[Recorded data]
···

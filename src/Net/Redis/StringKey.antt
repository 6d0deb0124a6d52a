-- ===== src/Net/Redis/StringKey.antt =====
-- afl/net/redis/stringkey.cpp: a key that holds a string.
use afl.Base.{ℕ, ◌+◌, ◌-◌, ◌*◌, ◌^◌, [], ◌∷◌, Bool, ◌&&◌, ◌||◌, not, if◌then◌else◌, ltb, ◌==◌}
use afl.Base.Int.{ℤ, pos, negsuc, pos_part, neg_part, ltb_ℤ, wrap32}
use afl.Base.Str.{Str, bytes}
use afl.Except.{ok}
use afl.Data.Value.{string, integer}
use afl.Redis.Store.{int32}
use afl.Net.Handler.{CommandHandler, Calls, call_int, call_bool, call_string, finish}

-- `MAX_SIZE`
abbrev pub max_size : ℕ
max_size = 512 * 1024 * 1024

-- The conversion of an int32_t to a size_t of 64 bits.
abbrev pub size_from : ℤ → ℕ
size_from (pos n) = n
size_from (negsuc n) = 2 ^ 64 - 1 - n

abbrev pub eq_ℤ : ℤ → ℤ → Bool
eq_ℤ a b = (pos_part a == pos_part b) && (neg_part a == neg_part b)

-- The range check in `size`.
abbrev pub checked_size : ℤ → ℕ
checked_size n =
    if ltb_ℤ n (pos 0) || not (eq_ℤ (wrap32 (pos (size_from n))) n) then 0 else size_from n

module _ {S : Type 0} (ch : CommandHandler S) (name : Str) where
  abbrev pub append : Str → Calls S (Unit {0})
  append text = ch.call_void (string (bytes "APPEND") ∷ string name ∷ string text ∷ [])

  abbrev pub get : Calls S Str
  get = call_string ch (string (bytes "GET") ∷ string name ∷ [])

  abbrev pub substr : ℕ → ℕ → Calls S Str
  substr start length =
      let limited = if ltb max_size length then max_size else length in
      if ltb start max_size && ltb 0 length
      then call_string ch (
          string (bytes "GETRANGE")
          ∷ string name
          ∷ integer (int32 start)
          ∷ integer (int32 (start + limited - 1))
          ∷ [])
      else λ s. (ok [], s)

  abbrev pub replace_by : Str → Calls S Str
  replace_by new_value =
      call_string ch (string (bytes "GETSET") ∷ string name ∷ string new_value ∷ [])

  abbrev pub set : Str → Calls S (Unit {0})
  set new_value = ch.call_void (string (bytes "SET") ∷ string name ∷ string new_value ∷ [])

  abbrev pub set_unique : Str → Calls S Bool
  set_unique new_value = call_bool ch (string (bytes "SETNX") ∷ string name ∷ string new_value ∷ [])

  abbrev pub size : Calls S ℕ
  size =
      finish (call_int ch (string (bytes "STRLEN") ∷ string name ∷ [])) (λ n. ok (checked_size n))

···

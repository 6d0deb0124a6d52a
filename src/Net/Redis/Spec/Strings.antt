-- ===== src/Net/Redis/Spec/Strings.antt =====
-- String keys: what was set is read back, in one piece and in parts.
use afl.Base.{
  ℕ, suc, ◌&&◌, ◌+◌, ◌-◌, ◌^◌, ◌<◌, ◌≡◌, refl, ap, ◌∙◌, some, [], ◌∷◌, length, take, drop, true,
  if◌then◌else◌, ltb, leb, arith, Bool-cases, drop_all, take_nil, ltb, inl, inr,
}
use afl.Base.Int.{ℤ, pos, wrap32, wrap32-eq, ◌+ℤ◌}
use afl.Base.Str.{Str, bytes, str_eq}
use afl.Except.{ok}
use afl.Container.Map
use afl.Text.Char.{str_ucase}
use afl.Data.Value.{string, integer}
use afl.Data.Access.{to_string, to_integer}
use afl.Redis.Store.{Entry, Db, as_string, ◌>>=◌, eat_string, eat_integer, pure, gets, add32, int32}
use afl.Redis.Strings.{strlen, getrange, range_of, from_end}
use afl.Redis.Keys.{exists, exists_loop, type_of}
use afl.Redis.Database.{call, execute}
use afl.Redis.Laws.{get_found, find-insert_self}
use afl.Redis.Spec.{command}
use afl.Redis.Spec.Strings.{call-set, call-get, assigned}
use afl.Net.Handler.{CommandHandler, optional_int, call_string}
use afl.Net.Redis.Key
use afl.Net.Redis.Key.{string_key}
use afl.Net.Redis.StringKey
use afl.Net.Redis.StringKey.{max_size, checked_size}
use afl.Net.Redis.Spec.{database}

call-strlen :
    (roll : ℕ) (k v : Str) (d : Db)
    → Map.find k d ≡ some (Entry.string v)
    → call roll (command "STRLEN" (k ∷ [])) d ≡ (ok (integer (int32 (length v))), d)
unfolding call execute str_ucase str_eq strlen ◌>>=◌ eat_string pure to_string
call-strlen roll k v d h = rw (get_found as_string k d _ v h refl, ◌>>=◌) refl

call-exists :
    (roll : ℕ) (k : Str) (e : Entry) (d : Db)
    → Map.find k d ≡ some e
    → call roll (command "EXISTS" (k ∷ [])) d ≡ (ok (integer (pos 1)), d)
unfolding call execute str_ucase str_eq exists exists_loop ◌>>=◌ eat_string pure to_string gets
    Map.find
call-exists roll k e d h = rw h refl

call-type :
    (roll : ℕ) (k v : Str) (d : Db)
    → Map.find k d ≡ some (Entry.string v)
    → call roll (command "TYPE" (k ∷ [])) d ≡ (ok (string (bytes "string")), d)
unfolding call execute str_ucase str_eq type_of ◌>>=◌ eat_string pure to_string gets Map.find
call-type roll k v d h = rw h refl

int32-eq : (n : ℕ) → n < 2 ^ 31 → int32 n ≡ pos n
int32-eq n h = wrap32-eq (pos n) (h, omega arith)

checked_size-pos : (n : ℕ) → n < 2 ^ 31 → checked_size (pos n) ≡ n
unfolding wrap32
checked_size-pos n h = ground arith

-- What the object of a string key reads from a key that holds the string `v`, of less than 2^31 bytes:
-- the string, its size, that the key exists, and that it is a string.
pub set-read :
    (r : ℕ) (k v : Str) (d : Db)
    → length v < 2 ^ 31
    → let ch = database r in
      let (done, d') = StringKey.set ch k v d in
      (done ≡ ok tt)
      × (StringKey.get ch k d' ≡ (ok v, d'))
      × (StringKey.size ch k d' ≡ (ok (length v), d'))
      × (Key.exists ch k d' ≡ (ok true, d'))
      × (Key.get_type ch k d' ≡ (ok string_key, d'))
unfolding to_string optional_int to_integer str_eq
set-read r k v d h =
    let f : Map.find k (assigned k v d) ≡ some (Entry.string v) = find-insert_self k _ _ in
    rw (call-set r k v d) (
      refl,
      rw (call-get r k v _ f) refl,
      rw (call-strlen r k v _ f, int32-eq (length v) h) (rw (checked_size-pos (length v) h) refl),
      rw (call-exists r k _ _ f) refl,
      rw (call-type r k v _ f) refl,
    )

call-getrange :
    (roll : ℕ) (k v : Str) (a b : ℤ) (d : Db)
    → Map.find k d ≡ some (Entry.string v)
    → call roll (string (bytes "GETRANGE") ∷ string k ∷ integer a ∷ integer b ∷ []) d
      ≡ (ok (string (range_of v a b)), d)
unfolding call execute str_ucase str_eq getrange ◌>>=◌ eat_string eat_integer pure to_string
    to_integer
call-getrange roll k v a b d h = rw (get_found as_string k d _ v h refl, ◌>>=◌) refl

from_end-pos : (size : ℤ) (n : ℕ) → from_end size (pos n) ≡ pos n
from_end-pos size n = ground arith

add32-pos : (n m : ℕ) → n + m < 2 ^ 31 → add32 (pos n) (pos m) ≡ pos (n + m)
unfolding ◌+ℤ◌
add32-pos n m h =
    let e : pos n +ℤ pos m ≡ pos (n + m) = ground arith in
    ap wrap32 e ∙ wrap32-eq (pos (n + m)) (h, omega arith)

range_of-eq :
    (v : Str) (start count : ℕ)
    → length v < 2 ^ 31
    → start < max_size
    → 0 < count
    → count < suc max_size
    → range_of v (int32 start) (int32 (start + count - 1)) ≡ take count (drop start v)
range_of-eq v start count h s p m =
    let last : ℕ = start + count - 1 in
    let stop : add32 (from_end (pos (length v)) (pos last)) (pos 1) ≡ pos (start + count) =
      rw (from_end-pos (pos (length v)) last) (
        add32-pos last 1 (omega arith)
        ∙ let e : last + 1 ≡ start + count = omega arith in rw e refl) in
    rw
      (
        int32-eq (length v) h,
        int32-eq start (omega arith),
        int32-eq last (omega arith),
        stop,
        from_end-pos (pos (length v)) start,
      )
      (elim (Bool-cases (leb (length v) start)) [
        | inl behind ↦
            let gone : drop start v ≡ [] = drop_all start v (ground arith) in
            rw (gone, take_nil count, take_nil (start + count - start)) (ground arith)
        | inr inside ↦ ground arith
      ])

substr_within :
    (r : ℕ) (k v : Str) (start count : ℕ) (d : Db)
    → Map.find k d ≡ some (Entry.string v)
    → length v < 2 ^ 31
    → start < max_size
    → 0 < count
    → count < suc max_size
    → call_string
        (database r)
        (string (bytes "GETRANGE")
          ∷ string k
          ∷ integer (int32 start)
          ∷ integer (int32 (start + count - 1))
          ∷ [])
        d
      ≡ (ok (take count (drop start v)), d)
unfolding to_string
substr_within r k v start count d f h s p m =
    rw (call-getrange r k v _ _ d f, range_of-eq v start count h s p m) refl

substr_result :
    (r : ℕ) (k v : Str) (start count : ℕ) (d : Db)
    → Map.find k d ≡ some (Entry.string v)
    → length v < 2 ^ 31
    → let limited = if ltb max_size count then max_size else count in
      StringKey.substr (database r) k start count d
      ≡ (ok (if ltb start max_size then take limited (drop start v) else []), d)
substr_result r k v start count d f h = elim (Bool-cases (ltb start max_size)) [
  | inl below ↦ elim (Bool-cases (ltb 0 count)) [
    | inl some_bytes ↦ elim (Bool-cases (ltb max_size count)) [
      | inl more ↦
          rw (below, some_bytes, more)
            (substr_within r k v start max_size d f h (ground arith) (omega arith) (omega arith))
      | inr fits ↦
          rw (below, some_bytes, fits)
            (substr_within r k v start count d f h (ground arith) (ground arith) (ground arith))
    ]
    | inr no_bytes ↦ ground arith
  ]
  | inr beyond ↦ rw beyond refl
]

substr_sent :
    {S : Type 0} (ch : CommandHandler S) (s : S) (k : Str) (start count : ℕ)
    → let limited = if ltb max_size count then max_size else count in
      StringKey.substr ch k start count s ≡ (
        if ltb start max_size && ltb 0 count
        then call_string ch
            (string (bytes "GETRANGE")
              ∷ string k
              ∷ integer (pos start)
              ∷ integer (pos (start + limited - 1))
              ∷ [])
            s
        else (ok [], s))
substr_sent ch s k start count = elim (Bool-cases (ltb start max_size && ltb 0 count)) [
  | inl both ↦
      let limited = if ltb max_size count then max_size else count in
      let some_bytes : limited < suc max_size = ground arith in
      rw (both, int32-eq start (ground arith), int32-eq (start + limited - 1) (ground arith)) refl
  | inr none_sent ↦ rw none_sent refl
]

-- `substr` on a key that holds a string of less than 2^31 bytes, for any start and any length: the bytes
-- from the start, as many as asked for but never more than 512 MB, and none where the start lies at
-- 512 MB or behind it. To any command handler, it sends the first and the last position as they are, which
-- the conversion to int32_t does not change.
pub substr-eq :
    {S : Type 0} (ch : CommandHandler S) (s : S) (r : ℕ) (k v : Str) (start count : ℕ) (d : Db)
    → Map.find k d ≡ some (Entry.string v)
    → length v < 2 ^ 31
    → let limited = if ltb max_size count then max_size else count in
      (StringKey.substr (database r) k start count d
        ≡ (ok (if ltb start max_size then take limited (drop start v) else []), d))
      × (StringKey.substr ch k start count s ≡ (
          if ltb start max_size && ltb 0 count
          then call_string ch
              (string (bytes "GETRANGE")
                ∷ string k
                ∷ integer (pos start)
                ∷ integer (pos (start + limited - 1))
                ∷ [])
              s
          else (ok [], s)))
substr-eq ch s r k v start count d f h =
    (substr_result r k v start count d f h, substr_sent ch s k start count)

···

WORK INSTRUCTION
Copy, from the data above, every line where the word "CommandHandler" appears.

EXERCISE ANSWER
use afl.Net.Handler.{CommandHandler, Calls, call_int, call_bool, call_string, finish}
module _ {S : Type 0} (ch : CommandHandler S) (name : Str) where
use afl.Net.Handler.{CommandHandler, optional_int, call_string}
    {S : Type 0} (ch : CommandHandler S) (s : S) (k : Str) (start count : ℕ)
    {S : Type 0} (ch : CommandHandler S) (s : S) (r : ℕ) (k v : Str) (start count : ℕ) (d : Db)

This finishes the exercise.